Cancun (Mexico): The five-day World Trade Organisation Ministerial kicked off amidst anti-globalisation
protests to expose the widening gap between rich and poor even as its Director General Supachai
Panitchpakdi asserted that time had come for the 146 Trade Ministers to agree on removing barriers to
trade.
"There comes a time when rhetoric has to be backed by action. The weak world economy needed a
strong message from ministers in favour of freer trade," Supachai told the opening session of the fifth
WTO Ministerial in which battle lines have been drawn among developing and developed countries on
contentious agriculture and Singapore issues.
Supachai's appeal came at a time when 4,700 delegates fear a repeat of a WTO meeting in Seattle in
1999 that ended in deadlock across the table and rioting in the streets. The WTO is still to get over that
debacle.
The aim of this week's session is to revive talks that started two years ago at Doha and are due to end
with an agreement by the end of 2004 on further opening up of trade to spur growth in the world
economy.
"We should learn from the past and face the reality that we cannot keep postponing decisions,"
Supachai said as some slogan-shouting anti-globalisation activists, some of whom had their mouths
taped, held placards denouncing the WTO as anti-development and undemocratic.

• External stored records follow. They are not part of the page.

-- ===== src/Base/Integers.antt =====
-- Signed integers: the values of int64_t and int before a range is put on them.
use Prim.Native.Nat.{ℕ, suc, ◌+◌, ◌-◌, ◌^◌, ◌≤◌}
use mathlib.Core.Bool.{Bool, true}
use mathlib.Core.Path.{◌≡◌}
use native.Mathlib.Omega.{arith}
use bitcoin_tui.Base.Tests.{ltb, leb, if◌then◌else◌}

-- `negsuc n` is -(n + 1).
pub data ℤ : Type 0 where
  pos : ℕ → ℤ
  negsuc : ℕ → ℤ

abbrev pub pos_part : ℤ → ℕ
pos_part (pos n) = n
pos_part (negsuc n) = 0

abbrev pub neg_part : ℤ → ℕ
neg_part (pos n) = 0
neg_part (negsuc n) = suc n

-- a - b, as an integer.
abbrev pub sub_ℕ : ℕ → ℕ → ℤ
sub_ℕ a b = if leb b a then pos (a - b) else negsuc (b - a - 1)

infixl 65 ◌+ℤ◌ ◌-ℤ◌
infix 50 ◌≤ℤ◌
abbrev pub ◌+ℤ◌ : ℤ → ℤ → ℤ
a +ℤ b = sub_ℕ (pos_part a + pos_part b) (neg_part a + neg_part b)

abbrev pub ◌-ℤ◌ : ℤ → ℤ → ℤ
a -ℤ b = sub_ℕ (pos_part a + neg_part b) (neg_part a + pos_part b)

abbrev pub ◌≤ℤ◌ : ℤ → ℤ → Type 0
a ≤ℤ b = pos_part a + neg_part b ≤ pos_part b + neg_part a

abbrev pub ltb_ℤ : ℤ → ℤ → Bool
ltb_ℤ a b = ltb (pos_part a + neg_part b) (pos_part b + neg_part a)

abbrev pub leb_ℤ : ℤ → ℤ → Bool
leb_ℤ a b = leb (pos_part a + neg_part b) (pos_part b + neg_part a)

abbrev pub min_ℤ : ℤ → ℤ → ℤ
min_ℤ a b = if ltb_ℤ b a then b else a

abbrev pub max_ℤ : ℤ → ℤ → ℤ
max_ℤ a b = if ltb_ℤ a b then b else a

-- INT64_MAX; the least value of int64_t is one further from zero.
abbrev pub int64_max : ℕ
int64_max = 2 ^ 63 - 1

abbrev pub InInt64 : ℤ → Type 0
InInt64 (pos n) = n ≤ int64_max
InInt64 (negsuc n) = n ≤ int64_max

-- Integers that are natural numbers.
pub nonneg : (n : ℕ) → leb_ℤ (pos 0) (pos n) ≡ true
nonneg n = ground arith

pub positive : (n : ℕ) → ltb_ℤ (pos 0) (pos (suc n)) ≡ true
positive n = ground arith

pub succ_pos : (n : ℕ) → pos n +ℤ pos 1 ≡ pos (suc n)
succ_pos n = ground arith

pub pred_pos : (n : ℕ) → pos (suc n) -ℤ pos 1 ≡ pos n
pred_pos n = ground arith
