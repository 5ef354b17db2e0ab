-- ===== src/Base/Outcomes.antt =====
-- What a C++ call comes back with: a value or an exception. A loop on fuel has one outcome more.
use mathlib.Core.Path.{◌≡◌, refl, subst}
use mathlib.Core.Logic.{◌≢◌, ◌⊎◌, inl, inr}
use mathlib.Core.Bool.{Bool, true, false}
use bitcoin_tui.Base.Text.{Bytes}
use bitcoin_tui.Base.Tests.{if◌then◌else◌}

-- The exceptions that the program throws or lets through, with the text of `what()` where the
-- program writes it; that of the standard library's own exceptions is left open.
pub data Exception : Type 0 where
  json_exception : Bytes → Exception
  rpc_error : Bytes → Exception
  invalid_argument : Exception
  out_of_range : Exception

pub data Outcome {ℓ} (A : Type ℓ) : Type ℓ where
  ok : A → Outcome A
  throw : Exception → Outcome A
  out_of_fuel : Outcome A

abbrev pub bind {ℓ κ} : {A : Type ℓ} {B : Type κ} → Outcome A → (A → Outcome B) → Outcome B
bind (ok a) f = f a
bind (throw e) f = throw e
bind out_of_fuel f = out_of_fuel

-- A call of the standard library, which throws or returns.
abbrev pub outcome_of {ℓ} : {A : Type ℓ} → Exception ⊎ A → Outcome A
outcome_of (inl e) = throw e
outcome_of (inr a) = ok a

-- `try { m } catch (...) { h }`: running out of fuel is no exception, so it is not caught.
abbrev pub catch_all {ℓ} : {A : Type ℓ} → Outcome A → (Exception → Outcome A) → Outcome A
catch_all (ok a) h = ok a
catch_all (throw e) h = h e
catch_all out_of_fuel h = out_of_fuel

-- The call ends within its fuel, and what it returns satisfies `P`.
pub data Ensures {ℓ} {A : Type ℓ} (P : A → Type 0) : Outcome A → Type ℓ where
  returns : {a : A} → P a → Ensures P (ok a)
  throws : {e : Exception} → Ensures P (throw e)

-- The same by computation, for the tactics that split on tests.
abbrev pub Post {ℓ} : {A : Type ℓ} → (A → Type 0) → Outcome A → Type 0
Post P (ok a) = P a
Post P (throw e) = Unit
Post P out_of_fuel = ⊥

module _ {ℓ} {A : Type ℓ} {P : A → Type 0} where
  pub Ensures-of : (r : Outcome A) → Post P r → Ensures P r
  Ensures-of (ok a) h = returns h
  Ensures-of (throw e) h = throws
  Ensures-of out_of_fuel h = absurd h

  pub Ensures-ok : {r : Outcome A} {a : A} → Ensures P r → r ≡ ok a → P a
  Ensures-ok (returns h) e = subst P (cc) h
  Ensures-ok throws e = cc

  pub Ensures-out_of_fuel : {r : Outcome A} → Ensures P r → r ≢ out_of_fuel
  Ensures-out_of_fuel (returns h) = cc
  Ensures-out_of_fuel throws = cc

  pub Ensures-if :
      (b : Bool) {x y : Outcome A}
      → (b ≡ true → Ensures P x)
      → (b ≡ false → Ensures P y)
      → Ensures P (if b then x else y)
  Ensures-if true hx hy = hx refl
  Ensures-if false hx hy = hy refl

  pub Ensures-bind {κ} :
      {B : Type κ} {Q : B → Type 0} {r : Outcome A} {f : A → Outcome B}
      → Ensures P r
      → ((a : A) → P a → Ensures Q (f a))
      → Ensures Q (bind r f)
  Ensures-bind (returns {a} h) k = k a h
  Ensures-bind throws k = throws

  pub Ensures-map :
      {Q : A → Type 0} {r : Outcome A} → Ensures P r → ((a : A) → P a → Q a) → Ensures Q r
  Ensures-map (returns {a} h) k = returns (k a h)
  Ensures-map throws k = throws

  -- A test between two functions, applied.
  pub Ensures-if_apply {κ} :
      {B : Type κ} (b : Bool) (f g : B → Outcome A) {x : B}
      → (b ≡ true → Ensures P (f x))
      → (b ≡ false → Ensures P (g x))
      → Ensures P ((if b then f else g) x)
  Ensures-if_apply true f g hf hg = hf refl
  Ensures-if_apply false f g hf hg = hg refl

pub outcome_of-Ensures {ℓ} : {A : Type ℓ} (r : Exception ⊎ A) → Ensures (λ a. Unit) (outcome_of r)
outcome_of-Ensures (inl e) = throws
outcome_of-Ensures (inr a) = returns tt

-- The exception that the call throws, if it throws one, satisfies `E`.
pub data Throws {ℓ} {A : Type ℓ} (E : Exception → Type 0) : Outcome A → Type ℓ where
  no_throw : {a : A} → Throws E (ok a)
  thrown : {e : Exception} → E e → Throws E (throw e)
  stopped : Throws E out_of_fuel

module _ {ℓ} {A : Type ℓ} {E : Exception → Type 0} where
  pub Throws-if :
      (b : Bool) {x y : Outcome A} → Throws E x → Throws E y → Throws E (if b then x else y)
  Throws-if true hx hy = hx
  Throws-if false hx hy = hy

  pub Throws-bind {κ} :
      {B : Type κ} {r : Outcome A} {f : A → Outcome B}
      → Throws E r
      → ((a : A) → Throws E (f a))
      → Throws E (bind r f)
  Throws-bind (no_throw {a}) k = k a
  Throws-bind (thrown h) k = thrown h
  Throws-bind stopped k = stopped

  pub Throws-catch_all :
      (r : Outcome A) (h : Exception → Outcome A)
      → ((e : Exception) → Throws E (h e))
      → Throws E (catch_all r h)
  Throws-catch_all (ok a) h k = no_throw
  Throws-catch_all (throw e) h k = k e
  Throws-catch_all out_of_fuel h k = stopped

-- The call returns: it neither throws nor runs out of fuel.
abbrev pub Returns {ℓ} : {A : Type ℓ} → Outcome A → Type ℓ
Returns {A = A} r = (a : A) × (r ≡ ok a)

pub Returns-if {ℓ} :
    {A : Type ℓ} (b : Bool) {x y : Outcome A}
    → (b ≡ true → Returns x)
    → (b ≡ false → Returns y)
    → Returns (if b then x else y)
Returns-if true hx hy = hx refl
Returns-if false hx hy = hy refl

throw≢ok {ℓ} : {A : Type ℓ} {e : Exception} {a : A} → throw e ≢ ok a
throw≢ok h = cc

out_of_fuel≢ok {ℓ} : {A : Type ℓ} {a : A} → out_of_fuel ≢ ok a
out_of_fuel≢ok h = cc

pub Returns-bind {ℓ κ} :
    {A : Type ℓ} {B : Type κ} {r : Outcome A} {f : A → Outcome B}
    → Returns r
    → ((a : A) → Returns (f a))
    → Returns (bind r f)
Returns-bind {r = ok a} h k = k a
Returns-bind {r = throw e} h k = absurd (throw≢ok h.1)
Returns-bind {r = out_of_fuel} h k = absurd (out_of_fuel≢ok h.1)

A large number of activists and farmers have also descended at Cancun for a protest demonstration
near the meeting site. But police has barricaded the entire conference venue and was patrolling to
prevent any untoward incident.
Even as activists carried out demonstrations in the picturesque beaches, a South Korean protestor Lee
Kyang Hae stabbed himself during clashes between the police and demonstrators outside the WTO
meeting venue. Other activists described the action as a "ceremonial act".